Member of the New Mexico House of Representatives from the 66th district
- In office January 15, 2019 – December 31, 2022
- Preceded by: Bob Wooley
- Succeeded by: Jimmy Mason
- In office January 1977 – 1980

Personal details
- Born: Roswell, New Mexico, U.S.
- Party: Independent (2021–present)
- Other political affiliations: Republican (before 2021)
- Relations: Robert O. Anderson (father)

= Phelps Anderson =

American politician and businessman

Phelps Anderson is an American politician and businessman who served as a member of the New Mexico House of Representatives from the 66th district, which includes Roswell, New Mexico.

== Early life ==
Anderson was born and raised in Roswell, New Mexico, the son of oil magnate Robert Orville Anderson.

== Career ==
Prior to entering politics, Anderson worked as a businessman, managing his family's investment in oil and real estate.
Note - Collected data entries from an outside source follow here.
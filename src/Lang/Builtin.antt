-- ===== src/Lang/Builtin.antt =====
-- nucleus/lang/builtin.h: builtin functions of the primitive types.
use nextnucleus.Base.{ℕ, Bool, ◌&&◌, Option, none, some, List, [], ◌∷◌, ◌==◌, if◌then◌else◌, drop}
use nextnucleus.Vm.Text.{Bytes, strlen, strncmp}
use nextnucleus.Vm.Types.{Primitive, fix, vec2, unknown, same_primitive}

-- nulang__string_t: an offset in the source, and a length
pub record SourceString : Type 0 where
  pub p : ℕ
  pub n : ℕ

-- nulang__builtin_function_t
pub record BuiltinFunction : Type 0 where
  pub primitive : Primitive
  pub name : Bytes
  pub return_type : Primitive
  pub args : List Primitive

-- nulang__builtin_t with its type and its value
pub data Builtin : Type 0 where
  constructor : Primitive → Builtin
  constant : Builtin
  function : BuiltinFunction → Builtin

-- The table of nulang__find_builtin_function, with `norm` and `dist`.
unfoldable pub builtins : List BuiltinFunction
builtins =
    record {
      primitive = vec2;
      name = 110 ∷ 111 ∷ 114 ∷ 109 ∷ [];
      return_type = fix;
      args = vec2 ∷ unknown ∷ [];
    }
    ∷ record {
      primitive = vec2;
      name = 100 ∷ 105 ∷ 115 ∷ 116 ∷ [];
      return_type = fix;
      args = vec2 ∷ vec2 ∷ unknown ∷ [];
    }
    ∷ []

-- NULANG_SOURCE_STRING_EQUALS on a string of the source and a text
unfoldable pub equals_text : Bytes → SourceString → Bytes → Bool
unfolding strlen strncmp
equals_text source a t = a.n == strlen t && strncmp (drop a.p source) t a.n == 0

-- nulang__find_builtin_function
unfoldable pub find_builtin :
    Bytes → List BuiltinFunction → Primitive → SourceString → Option BuiltinFunction
unfolding equals_text
find_builtin source [] primitive s = none
find_builtin source (f ∷ fs) primitive s =
    if same_primitive f.primitive primitive && equals_text source s f.name
    then some f
    else find_builtin source fs primitive s

unfoldable pub find_builtin_function : Bytes → Primitive → SourceString → Option BuiltinFunction
unfolding builtins find_builtin
find_builtin_function source = find_builtin source builtins
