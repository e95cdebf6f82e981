-- ===== src/Lang/Ast.antt =====
-- nucleus/lang/ast.h: the arena of syntax nodes. A node id is an index into the block of nodes, and
-- node_null stands for no node; `none` is an access outside the block or a failed assertion.
pub mod Tables
pub mod Foreach
pub mod Loop
pub mod Chain
pub mod Childs
pub mod Walk
pub mod Arena
pub mod Sound
mod Tests
use nextnucleus.Base.{
  ℕ, zero, suc, ◌+◌, Bool, not, ◌&&◌, Option, none, some, List, [], ◌∷◌, leb, ◌==◌, if◌then◌else◌,
  ◌>>=◌, ◌>>◌, assert, get_elem?, set, u32,
}
use nextnucleus.Vm.Types.{Primitive}
use nextnucleus.Lang.Token.{Span, Literal}
use nextnucleus.Lang.Builtin.{SourceString, Builtin}

-- nulang__node_type_t
pub data NodeType : Type 0 where
  n_module n_import n_fundecl n_compound n_argdecl n_literal n_symref n_member n_builtin : NodeType
  n_break n_continue n_return n_if n_for n_while n_loop n_vardecl n_call n_assign : NodeType
  n_binop n_unop n_insert n_delete n_singleton : NodeType

-- nulang__binop_t and nulang__unop_t
pub data Binop : Type 0 where
  b_add b_sub b_mul b_div b_equal b_nequal b_lequal b_gequal b_less b_greater b_and b_or : Binop

pub data Unop : Type 0 where
  u_not u_neg : Unop

-- NULANG_NODE_NULL
abbrev pub node_null : ℕ
node_null = 0xffffffff

-- nulang__vartype_t; a field that is not written yet is `none`
pub record Vartype : Type 0 where
  pub primitive : Primitive
  pub archetype : Option ℕ
  pub archetype_name : Option SourceString

-- nulang__node_value_t
pub data NodeValue : Type 0 where
  unset : NodeValue
  fundecl : SourceString → Vartype → Bool → NodeValue
  argdecl : SourceString → Vartype → NodeValue
  vardecl : SourceString → Vartype → NodeValue
  literal : Literal → NodeValue
  symref : ℕ → SourceString → NodeValue
  binop : Binop → NodeValue
  unop : Unop → NodeValue
  insert : ℕ → SourceString → NodeValue
  singleton : ℕ → SourceString → NodeValue
  builtin : Builtin → NodeValue
  member : SourceString → NodeValue

-- nulang__node_t
pub record Node : Type 0 where
  pub type : NodeType
  pub value : NodeValue
  pub span : Span
  pub parent : ℕ
  pub first_child : ℕ
  pub last_child : ℕ
  pub next_sibling : ℕ

-- nulang__ast_t
pub record Ast : Type 0 where
  pub root : ℕ
  pub nodes : List Node
  pub node_capacity : ℕ
  pub node_count : ℕ

-- A node with no relatives.
abbrev pub alone : Node → Node
alone n = record n {
  parent = node_null;
  first_child = node_null;
  last_child = node_null;
  next_sibling = node_null;
}

-- `&ast->nodes[id]`, and a write to it
unfoldable pub node_at : Ast → ℕ → Option Node
node_at ast id = get_elem? ast.nodes id

unfoldable pub put_node : Ast → ℕ → Node → Ast
put_node ast id n = record ast { nodes = set ast.nodes id n }

unfoldable pub change_node : Ast → ℕ → (Node → Node) → Option Ast
unfolding node_at put_node
change_node ast id f = do n ← node_at ast id; some (put_node ast id (f n))

-- nulang__ast_init, with the block that the allocator answers: `some none` is
-- NULANG_ERROR_OUT_OF_MEMORY
unfoldable pub init : ℕ → Option (List Node) → Option (Option Ast)
init capacity none = assert (not (capacity == 0)) >> some none
init capacity (some block) = do
  assert (not (capacity == 0))
  first ← get_elem? block 0
  some (
      some (record {
        root = 0;
        nodes = set block 0 (record (alone first) { type = n_module });
        node_capacity = capacity;
        node_count = 1;
      }))

-- nulang__ast_clear
unfoldable pub clear : Ast → Option Ast
unfolding change_node
clear ast = change_node (record ast { node_count = 1 }) 0 alone

-- nulang__add_node: `some none` is NULANG_ERROR_OUT_OF_NODE
unfoldable pub add_node : Ast → Option (Option (Ast × ℕ))
unfolding change_node
add_node ast =
    let new = (do
      ast' ← change_node ast ast.node_count alone
      some (some (record ast' { node_count = u32 (ast.node_count + 1) }, ast.node_count))) in
    if leb ast.node_capacity ast.node_count then some none else new

-- nulang__append_child: its assertions, and the writes to the last child, the parent and the child
unfoldable pub append_asserts : ℕ → ℕ → ℕ → Option (Unit {0})
append_asserts parent child last = do
  assert (not (child == 0))
  assert (not (parent == child))
  assert (not (parent == node_null) && not (child == node_null))
  assert (not (last == child))
  assert (not (last == parent))

unfoldable pub append_child : Ast → ℕ → ℕ → Option Ast
unfolding change_node append_asserts
append_child ast parent child = do
  p ← node_at ast parent
  append_asserts parent child p.last_child
  let behind = (do
    ast₁ ← change_node ast p.last_child (λ n. record n { next_sibling = child })
    change_node ast₁ parent (λ n. record n { last_child = child }))
  let alone_there =
      change_node ast parent (λ n. record n { first_child = child; last_child = child })
  ast₂ ← if not (p.last_child == node_null) then behind else alone_there
  change_node ast₂ child (λ n. record n { parent = parent })

-- nulang__first_child and nulang__sibling: the id, where node_null stands for the null pointer; the
-- node itself must lie in the block
unfoldable pub found_node : Ast → ℕ → Option ℕ
found_node ast n = if not (n == node_null) then (node_at ast n >>= λ _. some n) else some n

unfoldable pub first_child : Ast → ℕ → Option ℕ
unfolding found_node
first_child ast parent = do
  assert (not (parent == node_null))
  p ← node_at ast parent
  found_node ast p.first_child

unfoldable pub sibling : Ast → ℕ → Option ℕ
unfolding found_node
sibling ast node = do
  assert (not (node == node_null))
  n ← node_at ast node
  found_node ast n.next_sibling

-- nulang__iter_childs
unfoldable pub iter_childs : Ast → ℕ → ℕ → Option ℕ
unfolding first_child sibling
iter_childs ast parent child =
    if child == node_null then first_child ast parent else sibling ast child

-- The loop of nulang__ast_foreach_childs as the list of the ids that it visits, for a callback that
-- changes no link; at most `fuel` rounds.
unfoldable pub visited : ℕ → Ast → ℕ → ℕ → Option (List ℕ)
visited zero ast parent child = none
visited (suc fuel) ast parent child = do
  c ← iter_childs ast parent child
  let more = (do cs ← visited fuel ast parent c; some (c ∷ cs))
  if c == node_null then some [] else more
He was first elected to the New Mexico House of Representatives in 1976 and served until 1980. Anderson was an unsuccessful candidate for New Mexico's 2nd congressional district in 2002. He was elected to the New Mexico House of Representatives in 2018 and assumed office on January 15, 2019.

In 2021, Anderson left the Republican Party and registered as an independent.